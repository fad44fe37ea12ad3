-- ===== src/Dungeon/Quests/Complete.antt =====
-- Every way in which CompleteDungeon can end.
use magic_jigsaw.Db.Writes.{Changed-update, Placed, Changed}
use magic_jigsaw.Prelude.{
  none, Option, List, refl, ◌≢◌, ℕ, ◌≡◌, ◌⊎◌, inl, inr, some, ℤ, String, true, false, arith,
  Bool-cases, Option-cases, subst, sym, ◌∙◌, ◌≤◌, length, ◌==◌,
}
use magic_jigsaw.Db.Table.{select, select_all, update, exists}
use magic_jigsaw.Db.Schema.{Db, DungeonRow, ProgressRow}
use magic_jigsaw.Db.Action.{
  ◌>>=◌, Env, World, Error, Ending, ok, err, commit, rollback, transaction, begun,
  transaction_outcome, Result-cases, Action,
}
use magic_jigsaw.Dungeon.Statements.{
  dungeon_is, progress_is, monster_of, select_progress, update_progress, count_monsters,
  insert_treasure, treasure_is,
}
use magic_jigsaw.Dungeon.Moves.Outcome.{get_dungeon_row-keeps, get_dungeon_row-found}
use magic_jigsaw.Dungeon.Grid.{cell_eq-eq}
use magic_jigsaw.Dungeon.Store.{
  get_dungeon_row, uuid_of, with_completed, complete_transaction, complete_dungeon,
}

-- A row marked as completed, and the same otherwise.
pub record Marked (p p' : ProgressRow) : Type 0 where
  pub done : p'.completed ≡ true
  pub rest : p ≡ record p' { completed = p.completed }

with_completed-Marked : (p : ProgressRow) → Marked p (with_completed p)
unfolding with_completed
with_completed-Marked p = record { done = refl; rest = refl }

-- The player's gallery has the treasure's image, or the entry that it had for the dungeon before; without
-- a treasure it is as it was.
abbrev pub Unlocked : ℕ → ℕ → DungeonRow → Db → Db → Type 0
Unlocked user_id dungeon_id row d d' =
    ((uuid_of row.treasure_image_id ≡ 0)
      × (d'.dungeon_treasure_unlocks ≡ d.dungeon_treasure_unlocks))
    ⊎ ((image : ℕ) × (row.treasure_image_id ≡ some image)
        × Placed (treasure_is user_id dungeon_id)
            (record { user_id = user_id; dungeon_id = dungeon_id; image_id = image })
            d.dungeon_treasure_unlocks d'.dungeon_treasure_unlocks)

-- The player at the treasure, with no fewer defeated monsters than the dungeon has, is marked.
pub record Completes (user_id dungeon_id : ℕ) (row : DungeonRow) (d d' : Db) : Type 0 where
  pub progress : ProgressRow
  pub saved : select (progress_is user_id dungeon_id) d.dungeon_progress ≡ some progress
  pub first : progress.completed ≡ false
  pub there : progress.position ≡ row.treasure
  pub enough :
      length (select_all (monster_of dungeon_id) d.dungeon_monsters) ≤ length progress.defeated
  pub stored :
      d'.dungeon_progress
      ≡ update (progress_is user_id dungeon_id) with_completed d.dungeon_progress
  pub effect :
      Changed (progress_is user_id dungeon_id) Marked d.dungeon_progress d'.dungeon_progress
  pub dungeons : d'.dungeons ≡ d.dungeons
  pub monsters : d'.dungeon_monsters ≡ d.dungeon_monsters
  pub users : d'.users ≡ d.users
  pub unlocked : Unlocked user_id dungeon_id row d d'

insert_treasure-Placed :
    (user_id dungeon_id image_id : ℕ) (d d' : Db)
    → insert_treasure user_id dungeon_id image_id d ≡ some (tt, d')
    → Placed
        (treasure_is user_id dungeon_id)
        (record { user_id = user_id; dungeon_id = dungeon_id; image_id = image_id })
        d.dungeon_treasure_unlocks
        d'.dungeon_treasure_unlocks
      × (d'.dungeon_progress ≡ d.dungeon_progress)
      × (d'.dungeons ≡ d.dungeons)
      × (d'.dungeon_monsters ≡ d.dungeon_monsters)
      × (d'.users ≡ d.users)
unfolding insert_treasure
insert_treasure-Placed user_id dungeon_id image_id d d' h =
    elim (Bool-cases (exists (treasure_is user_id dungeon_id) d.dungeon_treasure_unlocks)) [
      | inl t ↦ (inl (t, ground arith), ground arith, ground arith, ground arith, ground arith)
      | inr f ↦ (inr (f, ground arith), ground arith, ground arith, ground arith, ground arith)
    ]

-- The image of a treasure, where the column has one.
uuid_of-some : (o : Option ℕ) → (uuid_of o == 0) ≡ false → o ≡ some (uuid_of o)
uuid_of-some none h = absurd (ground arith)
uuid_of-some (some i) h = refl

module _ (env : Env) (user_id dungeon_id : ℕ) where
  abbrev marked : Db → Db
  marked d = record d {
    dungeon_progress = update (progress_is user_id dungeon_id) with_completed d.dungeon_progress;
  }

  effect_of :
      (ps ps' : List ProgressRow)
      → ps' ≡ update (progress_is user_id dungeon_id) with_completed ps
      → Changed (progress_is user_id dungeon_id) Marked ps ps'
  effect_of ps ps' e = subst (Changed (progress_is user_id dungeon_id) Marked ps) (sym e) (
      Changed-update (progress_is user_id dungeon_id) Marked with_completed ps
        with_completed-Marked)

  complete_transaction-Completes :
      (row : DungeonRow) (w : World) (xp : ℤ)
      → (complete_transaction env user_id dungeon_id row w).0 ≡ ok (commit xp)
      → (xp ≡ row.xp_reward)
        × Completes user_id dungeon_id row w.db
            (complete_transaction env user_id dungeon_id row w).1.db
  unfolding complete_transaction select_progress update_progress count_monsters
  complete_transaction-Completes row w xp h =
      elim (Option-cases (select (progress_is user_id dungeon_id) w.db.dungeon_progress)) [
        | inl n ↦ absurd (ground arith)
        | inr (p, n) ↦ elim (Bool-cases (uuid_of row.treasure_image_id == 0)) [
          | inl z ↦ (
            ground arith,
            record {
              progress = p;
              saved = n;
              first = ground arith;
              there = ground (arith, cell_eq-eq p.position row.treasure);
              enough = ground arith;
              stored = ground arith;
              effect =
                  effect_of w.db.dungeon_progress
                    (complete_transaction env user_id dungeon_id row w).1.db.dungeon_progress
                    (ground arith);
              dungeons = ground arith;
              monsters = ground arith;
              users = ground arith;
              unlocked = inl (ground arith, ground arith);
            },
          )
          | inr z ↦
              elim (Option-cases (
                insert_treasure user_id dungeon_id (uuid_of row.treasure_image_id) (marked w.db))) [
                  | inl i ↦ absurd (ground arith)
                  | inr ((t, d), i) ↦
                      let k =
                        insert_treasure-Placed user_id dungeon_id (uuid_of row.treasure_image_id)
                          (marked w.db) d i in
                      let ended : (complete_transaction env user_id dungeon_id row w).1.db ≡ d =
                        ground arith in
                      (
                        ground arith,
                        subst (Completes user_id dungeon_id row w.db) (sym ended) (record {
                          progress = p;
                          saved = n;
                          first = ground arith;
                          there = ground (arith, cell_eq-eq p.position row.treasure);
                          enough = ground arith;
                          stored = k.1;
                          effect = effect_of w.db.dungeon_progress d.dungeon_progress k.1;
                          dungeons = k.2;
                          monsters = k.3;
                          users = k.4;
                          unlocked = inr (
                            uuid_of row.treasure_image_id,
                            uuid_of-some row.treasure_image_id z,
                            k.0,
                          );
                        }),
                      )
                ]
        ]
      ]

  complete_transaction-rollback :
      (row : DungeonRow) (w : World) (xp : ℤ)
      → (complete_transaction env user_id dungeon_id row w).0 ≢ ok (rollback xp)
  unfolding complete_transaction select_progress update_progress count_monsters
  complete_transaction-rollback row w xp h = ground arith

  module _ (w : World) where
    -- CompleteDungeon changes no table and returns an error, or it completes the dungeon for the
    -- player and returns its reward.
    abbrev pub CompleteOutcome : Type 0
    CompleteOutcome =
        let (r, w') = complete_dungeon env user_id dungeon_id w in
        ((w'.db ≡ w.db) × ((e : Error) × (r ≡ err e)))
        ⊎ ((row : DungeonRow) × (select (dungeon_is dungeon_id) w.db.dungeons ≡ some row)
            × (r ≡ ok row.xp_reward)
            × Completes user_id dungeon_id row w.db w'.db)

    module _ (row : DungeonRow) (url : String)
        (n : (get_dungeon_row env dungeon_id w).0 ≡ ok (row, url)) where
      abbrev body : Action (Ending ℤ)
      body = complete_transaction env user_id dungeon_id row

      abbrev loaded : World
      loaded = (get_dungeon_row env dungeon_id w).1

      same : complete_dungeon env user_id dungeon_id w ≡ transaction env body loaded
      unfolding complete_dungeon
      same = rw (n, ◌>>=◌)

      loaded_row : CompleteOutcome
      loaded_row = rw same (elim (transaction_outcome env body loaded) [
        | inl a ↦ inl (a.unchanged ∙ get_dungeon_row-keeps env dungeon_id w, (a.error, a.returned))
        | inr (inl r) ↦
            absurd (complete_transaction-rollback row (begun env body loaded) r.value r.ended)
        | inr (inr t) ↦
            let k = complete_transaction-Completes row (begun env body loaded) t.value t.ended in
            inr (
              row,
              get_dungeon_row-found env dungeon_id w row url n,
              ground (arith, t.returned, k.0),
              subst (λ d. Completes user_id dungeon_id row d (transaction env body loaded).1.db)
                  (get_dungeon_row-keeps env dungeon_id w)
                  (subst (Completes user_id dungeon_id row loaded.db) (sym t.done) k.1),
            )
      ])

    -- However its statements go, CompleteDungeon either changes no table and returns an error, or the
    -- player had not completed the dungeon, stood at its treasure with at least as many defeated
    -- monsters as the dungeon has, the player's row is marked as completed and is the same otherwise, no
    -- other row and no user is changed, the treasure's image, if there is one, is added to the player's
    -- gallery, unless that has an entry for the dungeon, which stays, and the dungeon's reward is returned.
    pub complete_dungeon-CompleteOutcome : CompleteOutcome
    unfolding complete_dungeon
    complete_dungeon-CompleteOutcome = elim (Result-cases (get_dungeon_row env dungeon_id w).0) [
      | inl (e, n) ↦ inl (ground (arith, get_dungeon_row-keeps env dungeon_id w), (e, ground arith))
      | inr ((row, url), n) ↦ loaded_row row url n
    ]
___
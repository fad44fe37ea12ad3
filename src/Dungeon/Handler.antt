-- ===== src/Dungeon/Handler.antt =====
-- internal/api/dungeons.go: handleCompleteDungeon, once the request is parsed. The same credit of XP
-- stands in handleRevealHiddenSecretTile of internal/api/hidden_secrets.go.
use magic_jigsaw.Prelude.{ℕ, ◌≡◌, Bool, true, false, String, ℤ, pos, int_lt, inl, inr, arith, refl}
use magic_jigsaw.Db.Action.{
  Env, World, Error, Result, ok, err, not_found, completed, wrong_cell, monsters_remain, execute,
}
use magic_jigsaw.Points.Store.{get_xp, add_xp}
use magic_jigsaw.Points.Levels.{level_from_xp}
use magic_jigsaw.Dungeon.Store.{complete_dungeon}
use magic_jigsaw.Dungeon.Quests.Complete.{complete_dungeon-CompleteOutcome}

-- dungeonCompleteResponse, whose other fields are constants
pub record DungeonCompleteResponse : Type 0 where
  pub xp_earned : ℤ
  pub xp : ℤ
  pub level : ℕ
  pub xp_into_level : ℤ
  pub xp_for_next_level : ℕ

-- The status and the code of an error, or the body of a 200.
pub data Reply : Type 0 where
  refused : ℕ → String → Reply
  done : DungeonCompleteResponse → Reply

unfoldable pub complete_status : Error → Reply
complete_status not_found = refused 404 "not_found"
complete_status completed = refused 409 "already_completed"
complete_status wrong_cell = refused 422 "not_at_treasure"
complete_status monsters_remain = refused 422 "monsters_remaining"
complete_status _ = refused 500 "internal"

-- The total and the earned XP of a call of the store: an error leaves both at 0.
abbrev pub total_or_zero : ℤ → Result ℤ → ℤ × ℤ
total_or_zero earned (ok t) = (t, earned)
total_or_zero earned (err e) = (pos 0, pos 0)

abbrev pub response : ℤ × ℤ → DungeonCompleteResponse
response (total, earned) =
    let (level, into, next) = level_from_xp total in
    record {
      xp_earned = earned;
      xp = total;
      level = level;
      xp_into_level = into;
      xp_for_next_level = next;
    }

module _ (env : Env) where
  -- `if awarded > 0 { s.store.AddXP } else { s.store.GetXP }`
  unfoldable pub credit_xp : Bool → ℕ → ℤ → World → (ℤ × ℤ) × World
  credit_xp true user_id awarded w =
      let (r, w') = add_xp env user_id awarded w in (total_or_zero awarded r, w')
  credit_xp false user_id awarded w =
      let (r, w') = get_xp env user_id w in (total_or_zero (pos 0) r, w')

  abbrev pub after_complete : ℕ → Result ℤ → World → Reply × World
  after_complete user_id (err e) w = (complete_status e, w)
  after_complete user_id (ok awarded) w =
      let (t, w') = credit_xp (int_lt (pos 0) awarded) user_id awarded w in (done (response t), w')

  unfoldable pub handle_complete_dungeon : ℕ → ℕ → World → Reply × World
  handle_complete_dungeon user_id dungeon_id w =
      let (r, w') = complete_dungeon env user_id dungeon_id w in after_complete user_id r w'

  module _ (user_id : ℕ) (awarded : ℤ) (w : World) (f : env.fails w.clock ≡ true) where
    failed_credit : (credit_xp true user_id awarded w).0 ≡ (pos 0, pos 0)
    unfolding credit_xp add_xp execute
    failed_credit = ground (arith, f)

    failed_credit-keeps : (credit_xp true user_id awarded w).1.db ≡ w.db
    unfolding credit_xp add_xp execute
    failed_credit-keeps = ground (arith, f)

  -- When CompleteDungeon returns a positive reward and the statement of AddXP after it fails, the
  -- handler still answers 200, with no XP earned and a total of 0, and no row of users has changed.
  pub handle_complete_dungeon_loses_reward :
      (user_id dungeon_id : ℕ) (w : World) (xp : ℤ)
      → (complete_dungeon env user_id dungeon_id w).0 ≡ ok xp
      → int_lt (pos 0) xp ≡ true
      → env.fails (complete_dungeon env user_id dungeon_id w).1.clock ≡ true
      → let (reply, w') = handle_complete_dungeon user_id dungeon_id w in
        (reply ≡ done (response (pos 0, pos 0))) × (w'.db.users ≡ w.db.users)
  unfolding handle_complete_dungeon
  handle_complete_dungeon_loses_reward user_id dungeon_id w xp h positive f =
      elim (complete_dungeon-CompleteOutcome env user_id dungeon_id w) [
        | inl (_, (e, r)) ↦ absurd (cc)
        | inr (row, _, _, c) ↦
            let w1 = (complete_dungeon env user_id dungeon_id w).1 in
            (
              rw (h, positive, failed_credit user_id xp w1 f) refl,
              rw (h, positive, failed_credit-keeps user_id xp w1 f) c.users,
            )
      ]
___
WHAT IS BEING ASKED
Transcribe each line of the data above, unaltered, from the one where "xp_into_level = into;" appears to the one where "credit_xp false user_id" appears, inclusive of both.

YOUR SOLUTION
      xp_into_level = into;
      xp_for_next_level = next;
    }

module _ (env : Env) where
  -- `if awarded > 0 { s.store.AddXP } else { s.store.GetXP }`
  unfoldable pub credit_xp : Bool → ℕ → ℤ → World → (ℤ × ℤ) × World
  credit_xp true user_id awarded w =
      let (r, w') = add_xp env user_id awarded w in (total_or_zero awarded r, w')
  credit_xp false user_id awarded w =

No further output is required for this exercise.